Model Asset Inspector
The Model Asset Inspector provides an overview of imported machine learning (ML) models. Use it to view and verify model properties after import, including structure, inputs, outputs, layers, and constants.
The Inspector supports all imported models and reflects any changes made to the import settings.
Imported object settings
After you configure the model's import settings, the Inspector displays the updated model properties in the Imported Object section.
Use the Imported Object settings section to do the following:
- Serialize the model to the
StreamingAssets
folder. - Check the properties of an imported and optimized model.

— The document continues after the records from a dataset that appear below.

-- ===== src/Sync/Worker/Candidates.antt =====
-- Which jobs are attempted.
use bisakerja_scraper.Prelude.{
  ℕ, zero, suc, ◌+◌, ◌<◌, ◌≡◌, true, false, List, [], ◌∷◌, ◌++◌, arith, length, take, keep, leb,
  length-append, Bool-cases, inl, inr, if◌then◌else◌,
}
use mathlib.Core.List.{append_assoc, append-nil}
use bisakerja_scraper.Models.{NormalizedJob}
use bisakerja_scraper.Sync.Events.{Events}
use bisakerja_scraper.Sync.Worker.{Outside, is_candidate, candidates_from}

module _ (out : Outside) (max_attempts : ℕ) (events : Events) where
  abbrev wanted : List NormalizedJob → List NormalizedJob
  wanted jobs = keep (λ job. is_candidate out max_attempts job events) jobs

  -- The rest of the loop, when the list has grown by a job.
  grown :
      (limit room : ℕ) (job : NormalizedJob) (jobs found : List NormalizedJob)
      → length found + suc room ≡ limit
      → ((r : ℕ) (f : List NormalizedJob)
          → length f + suc r ≡ limit
          → candidates_from out max_attempts limit f jobs events ≡ f ++ take (suc r) (wanted jobs))
      → (if leb limit (length (found ++ job ∷ []))
          then found ++ job ∷ []
          else candidates_from out max_attempts limit (found ++ job ∷ []) jobs events)
        ≡ found ++ (job ∷ take room (wanted jobs))
  grown limit zero job jobs found e ih =
      let full : leb limit (length (found ++ job ∷ [])) ≡ true =
        ground (arith, length-append found (job ∷ [])) in
      rw full
  grown limit (suc room) job jobs found e ih =
      let go_on : leb limit (length (found ++ job ∷ [])) ≡ false =
        ground (arith, length-append found (job ∷ [])) in
      let size : length (found ++ job ∷ []) + suc room ≡ limit =
        omega (arith, length-append {0} found (job ∷ [])) in
      rw (go_on, ih room (found ++ job ∷ []) size, append_assoc)

  candidates_from-append :
      (limit room : ℕ) (jobs found : List NormalizedJob)
      → length found + suc room ≡ limit
      → candidates_from out max_attempts limit found jobs events
        ≡ found ++ take (suc room) (wanted jobs)
  unfolding candidates_from
  candidates_from-append limit room [] found h = rw append-nil
  candidates_from-append limit room (job ∷ jobs) found h =
      elim (Bool-cases (is_candidate out max_attempts job events)) [
        | inl new ↦
            rw new
              (grown limit room job jobs found h (λ r f e. candidates_from-append limit r jobs f e))
        | inr old ↦
            let go_on : leb limit (length found) ≡ false = ground arith in
            rw (old, go_on) (candidates_from-append limit room jobs found h)
      ]

-- With a positive limit, the candidates are the first `limit` of the eligible jobs that are
-- candidates, in the order in which they are listed. (With limit 0 the first eligible job is still
-- looked at.)
pub candidates_from-take :
    (out : Outside) (max_attempts limit : ℕ) (eligible : List NormalizedJob) (events : Events)
    → 0 < limit
    → candidates_from out max_attempts limit [] eligible events
      ≡ take limit (keep (λ job. is_candidate out max_attempts job events) eligible)
candidates_from-take out max_attempts (suc limit) eligible events h =
    candidates_from-append out max_attempts events (suc limit) limit eligible [] (omega arith)
candidates_from-take out max_attempts zero eligible events h = elim h [ ]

The Imported Object section provides a structured view of an imported model, including inputs, outputs, layers, and constants.
Inputs
The Input section displays a list of model input tensors and their dimensions. The following table details the properties of each input.
Property | Description |
---|---|
name | The name of the input, such as images or attention_mask . |
index | The index of the input. |
shape | The tensor shape of the input. A shape consisting only of numbers represents a static-shaped tensor, for example, (1, 1, 28, 28 ) indicates the model only accepts tensors of shape 1 × 1 × 28 × 28. If a dimension is a named string, such as batch_size or sequence_length , it's dynamic and can vary in size. For more information on dynamic inputs, refer to Model inputs. |
dataType | The data type of the input. For example, Float or Int . |
Outputs
The Outputs section lists the model’s output tensors. The following table details the properties of each output.
Property | Description |
---|---|
name | The name of the output. |
index | The index of the output. |
shape | The tensor shape of the output. Inference Engine tries to precalculate this shape from the model. If a dimension in the shape is a question mark (?), Inference Engine can't calculate the size of the dimension, or the size depends on the input (a dynamic output). If the entire tensor shape is Unknown, Inference Engine can't calculate the number of dimensions, or the number of dimensions is dynamic. |
dataType | The data type of the output. |
Layers
The Layers section displays all layers in the model and the order in which Inference Engine executes them. The following table details the properties of each layer.
Property | Description |
---|---|
type | The type of layer. Refer to Supported ONNX operators for more information. |
index | The index of the layer. |
inputs | The names of the inputs to the layer. Possible values are a model input from the Inputs section, another layer, or a constant. |
properties | The properties of the layer. The properties will depend on the type of layer. Refer to Supported ONNX operators for more information. |
Constants
The Constants section lists fixed values used in the model. The following table shows the total number of constants and weights in the model, along with a detailed list of constants.
Property | Description |
---|---|
type | The type is always Constant. |
index | The index of the constant. |
weights | The tensor shape of the constant. If the tensor shape is empty - () - the constant is a scalar (a zero-dimensional tensor). |
Import and update ONNX model settings
Use the Model Asset Import Settings section in the Inspector to configure dynamic input shape dimensions before Unity processes the ONNX model.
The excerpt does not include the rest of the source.